Why one of the year’s biggest AI-for-development stories isn’t actually about AI
What India’s monsoon breakthrough reveals about how technology really works in development
For the first time in the 150-year history of monsoon forecasting in India, millions of farmers received reliable, four-week-ahead predictions of when sustained rains would actually arrive. When the monsoon stalled unexpectedly for nearly three weeks—an event no conventional model caught—the AI forecast did. The Indian government pushed updated guidance to farmers via SMS and voice messages. Farmers who received these forecasts adjusted their planting decisions, and preliminary surveys suggest that around a quarter of the 38 million farmers changed their plans based on the information.
By now, this story has been widely celebrated as a landmark “AI for development” success. And rightly so. In a moment dominated by anxious hand-wringing over whether AI will help or hurt poor countries, this felt like a rare, concrete win.
But as with all good success stories, the most important question isn’t whether it worked. It’s why it worked, and what lessons we take from it.
And here’s the thing: the real story here isn’t really about AI at all.
Don’t get me wrong, the AI models (Google’s NeuralGCM and the European Centre for Medium-range Weather Forecasts’ AIFS) are a remarkable scientific advance. They delivered results that conventional physics-based models simply couldn’t. But if that’s the only lesson we take from this, we’ve learned exactly the wrong thing. We’ll be stuck in the same tired cycle that has plagued development technology for decades: solutions in search of problems, supply-side narratives, and a leapfrogging mentality that treats poor countries as blank canvases for grand experiments.
The India monsoon trial is not a “just add AI” success story. It worked because of a specific constellation of conditions, institutions, and relationships that had been built deliberately over years and even decades, long before AI entered the picture.
What AI did was amplify an opportunity created by a highly specific ecosystem, including:
A concrete, high-stakes decision point (when to plant)
Decades of meteorological data and scientific capacity, including the India Meteorological Department’s century-long rainfall records
Maturing AI weather models, rigorously benchmarked and building on a deep foundation of weather prediction science and practice
A dense institutional network (Indian ministries, global research teams, funders, and practitioners) coordinated around a focused use case
Trusted delivery infrastructure, notably the mKisan platform, launched in 2013 and already reaching tens of millions of farmers in local languages
Iterative, human-centered communication, with messages tested and refined directly with farmers
Strip all these elements away, and what remains is an abstract AI use case that could theoretically help millions of Indian farmers, but unlikely to materialize in practice. And this, in many ways, is precisely where so much of the AI-for development discourse is stuck right now.
The conventional story goes something like this: “AI is transforming everything! Let’s bring it to the poor farmers who need it!” This is supply-side thinking—a hammer looking for a nail. It’s the same logic that has driven two decades of largely failed mobile technology interventions. We keep throwing digital tools at development challenges and wondering why they don’t stick.
The India monsoon trial worked for the opposite reason: it was demand-driven. Indian farmers already relied on and wanted better monsoon forecasts. The government already had infrastructure to deliver agricultural advisories at scale. Global and local researchers already had deep experience with the technically demanding work of monsoon and weather forecasting. And new AI methods happened to offer a technical solution to a well-understood, widely-recognized problem.
The technology was inserted into an existing ecosystem of people, institutions, problems, and opportunities. It amplified what was already there. It didn’t create something from nothing.

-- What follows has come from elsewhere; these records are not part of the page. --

-- ===== src/Blast.antt =====
-- Damage from explosions: `t_explosion` for torpedoes and plasmas and `blowup` for ships, both of
-- ntserv/daemon.c, with `is_idle` of ntserv/util.c and `killer_credit`. The statistics and the
-- messages about kills are left out.
pub mod Sound
pub mod Credit
use netrek_server.Base.{
  ℕ, ◌+◌, ◌-◌, ◌*◌, ◌/◌, Bool, true, false, not, ◌&&◌, ◌||◌, Option, none, some, ℤ, pos, negsuc,
  ◌-ℤ◌, eq_ℤ, abs_ℤ, ltb, leb, ◌==◌, if◌then◌else◌, put, loop,
}
use netrek_server.Game.{
  Player, Game, Teams, set_player, same, meets, join, is_alive, is_off, is_starbase, is_scout,
  WhyDead, by_torp, by_torp2, by_plasma, by_plasma2, by_ship, by_ship2, by_phaser, quit, ghost,
  providence, max_player,
}
use netrek_server.Conquest.{p_explosion}
use netrek_server.Torp.{Torp, TorpStatus, t_det, t_explode, TorpType, t_photon, t_plasma}

-- `is_idle(victim)`; `safe_idle` is the sysdef setting
unfoldable pub is_idle : Bool → Game → Player → Bool
is_idle safe_idle g p =
    not (is_off p.p_inl_draft)
    || safe_idle
      && not g.tourn
      && (p.p_flags.cloak && p.p_flags.orbit && (g.planets p.p_planet).pl_home)
      && (p.p_kills == 0)
      && eq_ℤ p.p_ntorp (pos 0)
      && eq_ℤ p.p_nplasmatorp (pos 0)
      && eq_ℤ p.p_fuel (pos p.p_ship.s_maxfuel)
      && (p.p_shield == p.p_ship.s_maxshield)
      && (p.p_damage == 0)

-- Damage goes to the shields while they are up, and what they do not take to the hull.
unfoldable pub inflict : ℕ → Player → Player
inflict d p =
    if p.p_flags.shield
    then record p { p_shield = p.p_shield - d; p_damage = p.p_damage + (d - p.p_shield) }
    else record p { p_damage = p.p_damage + d }

-- `killer_credit(killer, died)`, in hundredths of a kill
unfoldable pub killer_credit : Player → Player → Player
killer_credit killer died = record killer {
  p_kills = killer.p_kills + 100 + died.p_armies * 10 + died.p_kills / 10;
}

-- What an explosion does to the ship that it reaches: the damage, and for a kill the player it is
-- put down to, the cause, and whether it is credited.
pub record Blow : Type 0 where
  pub damage : ℕ
  pub killer : ℕ
  pub cause : WhyDead
  pub is_credited : Bool

abbrev pub is_destroyed : Player → Bool
is_destroyed p = leb p.p_ship.s_maxdamage p.p_damage

abbrev pub on_ship : ℕ → (Player → Player) → Game → Game
on_ship j f g = set_player j (f (g.players j)) g

unfoldable pub credited : Blow → ℕ → Game → Game
unfolding killer_credit
credited b j g =
    if b.is_credited then on_ship b.killer (λ k. killer_credit k (g.players j)) g else g

unfoldable pub destroyed : Blow → ℕ → Game → Game
unfolding p_explosion credited
destroyed b j g = credited b j (on_ship j (p_explosion b.cause (g.players b.killer).p_no) g)

unfoldable pub take_blow : Blow → ℕ → Game → Game
unfolding inflict destroyed
take_blow b j g =
    let hit = on_ship j (inflict b.damage) g in
    if is_destroyed (hit.players j) then destroyed b j hit else hit

-- `spo`, a shift to the right by 8
unfoldable pub spo : ℤ → ℤ
spo (pos n) = pos (n / 256)
spo (negsuc n) = negsuc (n / 256)

abbrev pub square : ℤ → ℕ
square z = abs_ℤ z * abs_ℤ z

-- The tests of a square and then of a circle around the explosion.
unfoldable pub in_reach : ℕ → ℤ → ℤ → Bool
in_reach reach dx dy =
    leb (abs_ℤ dx) reach && leb (abs_ℤ dy) reach && leb (square dx + square dy) (reach * reach)

abbrev pub exp_dist : ℕ
exp_dist = 350

-- What the explosions read of the settings, and the damage that falls off with distance, which the
-- source reckons in floating point: `falloff full reach dist2`.
pub record Physics : Type 0 where
  pub safe_idle : Bool
  pub falloff : ℕ → ℕ → ℕ → ℕ

unfoldable pub damage_at : Physics → ℕ → ℕ → ℕ → ℕ
damage_at h full reach dist2 =
    if leb dist2 (exp_dist * exp_dist) then full else h.falloff full reach dist2

-- `t_explosion`: DAMDIST and PLASDAMDIST
abbrev pub torp_reach : TorpType → ℕ
torp_reach t_photon = 2000
torp_reach t_plasma = 2500

abbrev pub is_det : TorpStatus → Bool
is_det t_det = true
is_det _ = false

-- The player who detonated the torpedo, and his team; NODET is no player's number.
unfoldable pub spared_by_detter : Game → Torp → Player → Bool
spared_by_detter g t p = elim t.t_whodet [
  | none ↦ false
  | some w ↦
      if p.p_no == w
      then t.t_attribute.t_detter_safe
      else t.t_attribute.t_det_team_safe && same p.p_team (g.players w).p_team
]

-- The tests by which a player is safe from the torpedo, in order.
unfoldable pub is_safe : Physics → Game → Torp → Player → Bool
unfolding is_idle spared_by_detter
is_safe h g t p =
    not (is_alive p.p_status)
    || is_idle h.safe_idle g p
    || (if p.p_no == t.t_owner
        then t.t_attribute.t_owner_safe
        else t.t_attribute.t_owner_team_safe && same t.t_team p.p_team)
    || p.p_flags.practr && t.t_attribute.t_practice
    || is_det t.t_status && spared_by_detter g t p

abbrev pub torp_dx : Torp → Player → ℤ
torp_dx t p = spo (t.t_x_internal -ℤ p.p_x_internal)

abbrev pub torp_dy : Torp → Player → ℤ
torp_dy t p = spo (t.t_y_internal -ℤ p.p_y_internal)

-- The player who is credited: the one who detonated it, if of another team, or else its owner.
unfoldable pub torp_killer : Game → Torp → Player → ℕ
torp_killer g t p = elim t.t_whodet [
  | none ↦ t.t_owner
  | some w ↦ if not (w == p.p_no) && not (same (g.players w).p_team p.p_team) then w else t.t_owner
]

unfoldable pub t_whydead : Player → Torp → WhyDead
t_whydead k t = elim t.t_type [
  | t_photon ↦ if k.p_no == t.t_owner then by_torp else by_torp2
  | t_plasma ↦ if k.p_no == t.t_owner then by_plasma else by_plasma2
]

unfoldable pub torp_blow : ℕ → Game → Torp → Player → Blow
unfolding torp_killer t_whydead
torp_blow damage g t p =
    let k = torp_killer g t p in
    record {
      damage = damage;
      killer = k;
      cause = t_whydead (g.players k) t;
      is_credited =
          (not (same (g.players k).p_team p.p_team)
            || same (g.players k).p_team p.p_team && p.p_flags.practr);
    }

-- `p_swar |= team`
abbrev pub start_war : Teams → Player → Player
start_war team o = record o { p_swar = join o.p_swar team }

-- The torpedo's owner has started a war.
unfoldable pub war_started : Torp → Player → Game → Game
war_started t p g =
    if meets (g.players t.t_owner).p_hostile p.p_team
    then on_ship t.t_owner (start_war p.p_team) g
    else g

unfoldable pub torp_hits : ℕ → Torp → ℕ → Game → Game
unfolding war_started torp_blow take_blow
torp_hits damage t j g =
    let w = war_started t (g.players j) g in take_blow (torp_blow damage w t (w.players j)) j w

-- The body of the loop over the players.
unfoldable pub torp_reaches : Physics → Torp → ℕ → Game → Game
unfolding is_safe in_reach damage_at torp_hits spo
torp_reaches h t j g =
    let p = g.players j in
    let damage =
      damage_at h t.t_damage (torp_reach t.t_type) (square (torp_dx t p) + square (torp_dy t p)) in
    if is_safe h g t p
    then g
    else if in_reach (torp_reach t.t_type) (torp_dx t p) (torp_dy t p) && ltb 0 damage
    then torp_hits damage t j g
    else g

-- The players after the explosion. The torpedo itself is then `exploded`.
unfoldable pub t_explosion : Physics → Torp → Game → Game
unfolding torp_reaches loop
t_explosion h t g = loop max_player 0 (torp_reaches h t) g

-- T_FUSE_SCALE is the scale.
unfoldable pub exploded : ℕ → Torp → Torp
exploded scale t = record t { t_status = t_explode; t_fuse = 10 * scale }

-- `blowup`: SHIPDAMDIST, and the full damage by type of ship
abbrev pub ship_dam_dist : ℕ
ship_dam_dist = 3000

unfoldable pub ship_damage : Player → ℕ
ship_damage sh =
    if is_starbase sh.p_ship.s_type then 200 else if is_scout sh.p_ship.s_type then 75 else 100

abbrev pub is_quit : WhyDead → Bool
is_quit quit = true
is_quit _ = false

abbrev pub is_harmless : WhyDead → Bool
is_harmless ghost = true
is_harmless providence = true
is_harmless _ = false

abbrev pub is_combat : WhyDead → Bool
is_combat by_ship = true
is_combat by_torp = true
is_combat by_phaser = true
is_combat by_plasma = true
is_combat _ = false

-- `friendlyPlayer(p)` as seen by `sh`
unfoldable pub is_friendly : Player → Player → Bool
is_friendly sh p = not (meets sh.p_team p.p_swar) && not (meets p.p_team sh.p_war)

unfoldable pub is_spared : Physics → Game → ℕ → ℕ → Bool
unfolding is_idle is_friendly
is_spared h g s j =
    let sh = g.players s in
    let p = g.players j in
    not (is_alive p.p_status)
    || s == j
    || is_idle h.safe_idle g p
    || is_quit sh.p_whydead && is_friendly sh p
    || is_harmless sh.p_whydead

unfoldable pub ship_killer : Game → ℕ → Player → ℕ
ship_killer g s p =
    let sh = g.players s in
    if not (p.p_no == sh.p_whodead)
      && not (same p.p_team (g.players sh.p_whodead).p_team)
      && is_combat sh.p_whydead
    then sh.p_whodead
    else s

unfoldable pub ship_blow : ℕ → Game → ℕ → Player → Blow
unfolding ship_killer
ship_blow damage g s p =
    let k = ship_killer g s p in
    record {
      damage = damage;
      killer = k;
      cause = (if (g.players k).p_no == (g.players s).p_no then by_ship else by_ship2);
      is_credited =
          (not (same (g.players k).p_team p.p_team)
            || same (g.players k).p_team p.p_team && not p.p_flags.practr);
    }

unfoldable pub ship_reaches : Physics → ℕ → ℕ → Game → Game
unfolding is_spared in_reach damage_at ship_damage ship_blow take_blow
ship_reaches h s j g =
    let sh = g.players s in
    let p = g.players j in
    let dx = sh.p_x -ℤ p.p_x in
    let dy = sh.p_y -ℤ p.p_y in
    let damage = damage_at h (ship_damage sh) ship_dam_dist (square dx + square dy) in
    if is_spared h g s j
    then g
    else if in_reach ship_dam_dist dx dy && ltb 0 damage
    then take_blow (ship_blow damage g s p) j g
    else g

unfoldable pub blowup : Physics → ℕ → Game → Game
unfolding ship_reaches loop
blowup h s g = loop max_player 0 (ship_reaches h s) g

There’s a line from The Atlantic’s Charlie Warzel that’s been rattling around in my head lately: “Silicon Valley is not selling useful; it’s selling transformation.” If AI is going to matter for development, we’d be wise to focus more on the useful.
The India AI monsoon trial is a genuine success story, and we should celebrate it. But we should celebrate the right things.
We should celebrate the Indian government’s decade-plus investment in agricultural advisory infrastructure. We should celebrate the meteorological departments that collected and curated a century of rainfall data. We should celebrate the researchers who rigorously evaluated models and corrected for local biases. We should celebrate the message designers who worked with farmers to create understandable, actionable communications. We should celebrate the farmers themselves—who trusted the forecasts, adjusted their decisions, and ultimately made the information matter.
And yes, we should celebrate the AI models that made more accurate forecasts possible.
The question isn’t whether AI can help development—of course it can. The question is whether we’re willing to do the hard, boring, essential work of building the systems that let technology be useful.
The India monsoon trial succeeded because someone did the boring work. That’s the real story. And that’s the lesson worth learning.